However, now we would be right if we said the same as my grandmother, since current Mazatlán is made up of two very different cities: the Historic Center, contained between the Cathedral, the Angela Peralta theater and the Paseo de Olas Altas, and, separately for five kilometers of beaches and boardwalk, the new tourist city of the great towers, condominiums, marinas and golf course. They are so different that some tourists, after a week of timeshare, return to their land without knowing the happy nineteenth-century atmosphere of old Mazatlán.

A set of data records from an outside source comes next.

-- ===== src/Common/Search.antt =====
-- What an update of the first match does to the searches and the counts of a table.
use Prim.Native.Nat.{ℕ, zero, suc, ◌+◌, ◌≤◌}
use mathlib.Core.Path.{◌≡◌, refl, subst}
use mathlib.Core.Logic.{◌⊎◌, inl, inr}
use mathlib.Core.Bool.{Bool, true, false, not}
use mathlib.Core.Option.{none, some}
use mathlib.Core.List.{List, [], ◌∷◌}
use native.Mathlib.Omega.{arith}
use alani_kernel.Common.Tests.{if◌then◌else◌, Option-cases, Bool-cases}
use alani_kernel.Common.Lists.{find, update_first, count, length, replicate, get_or}

-- One for a test that holds.
abbrev pub tally : Bool → ℕ
tally b = if b then 1 else 0

module _ {ℓ} {A : Type ℓ} where
  -- A search fails exactly where nothing is counted.
  pub find-none : (p : A → Bool) (xs : List A) → count p xs ≡ 0 → find p xs ≡ none
  find-none p [] h = refl
  find-none p (x ∷ xs) h = ground (arith, find-none p xs)

  pub count-find-none : (p : A → Bool) (xs : List A) → find p xs ≡ none → count p xs ≡ 0
  count-find-none p [] h = refl
  count-find-none p (x ∷ xs) h = ground (arith, count-find-none p xs)

  pub count-find-some : (p : A → Bool) (xs : List A) {x : A} → find p xs ≡ some x → 1 ≤ count p xs
  count-find-some p [] h = absurd (ground arith)
  count-find-some p (y ∷ xs) {x} h = ground (arith, count-find-some p xs {x = x})

  -- The write trades the count of the old entry for that of the new one.
  pub count-update_first :
      (p q : A → Bool) (f : A → A) (xs : List A) {x : A}
      → find p xs ≡ some x
      → count q (update_first p f xs) + tally (q x) ≡ count q xs + tally (q (f x))
  count-update_first p q f [] h = absurd (ground arith)
  count-update_first p q f (y ∷ xs) {x} h = ground (arith, count-update_first p q f xs {x = x})

  -- A write between entries that a search passes over does not change what it finds.
  pub find-update_first_miss :
      (p q : A → Bool) (f : A → A) (xs : List A)
      → ((x : A) → p x ≡ true → (q x ≡ false) × (q (f x) ≡ false))
      → find q (update_first p f xs) ≡ find q xs
  find-update_first_miss p q f [] h = refl
  find-update_first_miss p q f (x ∷ xs) h = ground (arith, h x, find-update_first_miss p q f xs h)

  -- Where nothing matched before, a search finds the entry written.
  pub find-update_first_hit :
      (p q : A → Bool) (f : A → A) (xs : List A) {x : A}
      → find p xs ≡ some x
      → q (f x) ≡ true
      → count q xs ≡ 0
      → find q (update_first p f xs) ≡ some (f x)
  find-update_first_hit p q f [] e h c = absurd (ground arith)
  find-update_first_hit p q f (y ∷ xs) {x} e h c =
      ground (arith, find-update_first_hit p q f xs {x = x})

  -- A write at the place that the search itself finds.
  pub find-update_first_self :
      (p : A → Bool) (f : A → A) (xs : List A) {x : A}
      → find p xs ≡ some x
      → p (f x) ≡ true
      → find p (update_first p f xs) ≡ some (f x)
  find-update_first_self p f [] e h = absurd (ground arith)
  find-update_first_self p f (y ∷ xs) {x} e h =
      ground (arith, find-update_first_self p f xs {x = x})

  pub count-le-length : (p : A → Bool) (xs : List A) → count p xs ≤ length xs
  count-le-length p [] = omega arith
  count-le-length p (x ∷ xs) = ground (arith, count-le-length p xs)

  pub count_mono :
      (p q : A → Bool) (xs : List A) → ((x : A) → p x ≡ true → q x ≡ true) → count p xs ≤ count q xs
  count_mono p q [] h = omega arith
  count_mono p q (x ∷ xs) h = ground (arith, h x, count_mono p q xs h)

  pub count-replicate : (p : A → Bool) (n : ℕ) (a : A) → p a ≡ false → count p (replicate n a) ≡ 0
  count-replicate p zero a h = refl
  count-replicate p (suc n) a h = ground (arith, count-replicate p n a h)

  -- A write that does not change what a test says keeps its count.
  pub count-update_first_keep :
      (p q : A → Bool) (f : A → A) (xs : List A)
      → ((x : A) → q (f x) ≡ q x)
      → count q (update_first p f xs) ≡ count q xs
  count-update_first_keep p q f [] h = refl
  count-update_first_keep p q f (x ∷ xs) h = ground (arith, h x, count-update_first_keep p q f xs h)

  -- An entry that passes is counted, where the default outside the table does not pass.
  pub count-get_or :
      (p : A → Bool) (xs : List A) (i : ℕ) (d : A)
      → p d ≡ false
      → p (get_or xs i d) ≡ true
      → 1 ≤ count p xs
  count-get_or p [] i d out h = absurd (ground arith)
  count-get_or p (x ∷ xs) zero d out h = ground arith
  count-get_or p (x ∷ xs) (suc i) d out h = ground (arith, count-get_or p xs i d out h)

  -- A test that is met is passed by what the search finds.
  pub find-count : (p : A → Bool) (xs : List A) → 1 ≤ count p xs → (x : A) × (find p xs ≡ some x)
  find-count p xs h = elim (Option-cases (find p xs)) [
    | inl nothing ↦ absurd (omega (arith, count-find-none p xs nothing))
    | inr found ↦ found
  ]

  pub count-complement :
      (p : A → Bool) (xs : List A) → count p xs + count (λ x. not (p x)) xs ≡ length xs
  count-complement p [] = refl
  count-complement p (x ∷ xs) = ground (arith, count-complement p xs)

  -- The only entry that passes is what the search finds.
  pub find-get_or :
      (p : A → Bool) (xs : List A) (i : ℕ) (d : A)
      → count p xs ≤ 1
      → p d ≡ false
      → p (get_or xs i d) ≡ true
      → find p xs ≡ some (get_or xs i d)
  find-get_or p [] i d one out h = absurd (ground arith)
  find-get_or p (x ∷ xs) zero d one out h = ground arith
  find-get_or p (x ∷ xs) (suc i) d one out h =
      ground (arith, find-get_or p xs i d, count-get_or p xs i d out h)

  -- A write after which no more entries pass a test than before.
  pub count-update_first_le :
      (p q : A → Bool) (f : A → A) (xs : List A)
      → ((x : A) → q (f x) ≡ true → q x ≡ true)
      → count q (update_first p f xs) ≤ count q xs
  count-update_first_le p q f [] h = omega arith
  count-update_first_le p q f (x ∷ xs) h = ground (arith, h x, count-update_first_le p q f xs h)

  -- Where nothing passes a test, what a search finds does not.
  pub find-fails :
      (p q : A → Bool) (xs : List A) {x : A} → count q xs ≡ 0 → find p xs ≡ some x → q x ≡ false
  find-fails p q [] none_pass e = absurd (ground arith)
  find-fails p q (y ∷ xs) {x} none_pass e = elim (Bool-cases (p y)) [
    | inl here ↦ subst (λ z. q z ≡ false) {x = y} (ground (arith, here)) (ground arith)
    | inr past ↦ find-fails p q xs (ground arith) (ground (arith, past))
  ]

  -- What a search finds after a write that its test does not see: an entry from before, or the new one.
  pub find-update_first_keep :
      (p q : A → Bool) (f : A → A) (xs : List A) {y : A}
      → ((x : A) → q (f x) ≡ q x)
      → find q (update_first p f xs) ≡ some y
      → (x : A) × (find q xs ≡ some x) × ((y ≡ x) ⊎ ((p x ≡ true) × (y ≡ f x)))
  find-update_first_keep p q f [] keeps e = absurd (ground arith)
  find-update_first_keep p q f (x ∷ xs) {y} keeps e = elim (Bool-cases (q x)) [
    | inr miss ↦ elim (Bool-cases (p x)) [
      | inl here ↦ (y, ground (arith, miss, here, keeps x), inl refl)
      | inr past ↦
          let (z, found, same) =
            find-update_first_keep p q f xs {y = y} keeps (ground (arith, miss, past)) in
          (z, ground (arith, miss, found), same)
    ]
    | inl hit ↦ elim (Bool-cases (p x)) [
      | inl here ↦ (x, rw hit refl, inr (here, ground (arith, hit, here, keeps x)))
      | inr past ↦ (x, rw hit refl, inl (ground (arith, hit, past)))
    ]
  ]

I call "old" and not "old" to the Mazatlán of the Historic Center because this last word automatically invokes the pre-Hispanic or the colonial. Mazatlán has none of that. There were no indigenous or colonial settlements simply because there was no drinking water on this sporadic peninsula called in Nahuatl "Venados Place. Its identification as a human settlement more or less coincided with Independence, between 1810 and 1821. The commercial boom that later earned it its fame as "the Northwest Warehouse" did not begin until the 1930s, with the arrival of the first European merchants, mostly German. The Spanish arrived in the 1940s, after Mexico and Spain made peace in 1839.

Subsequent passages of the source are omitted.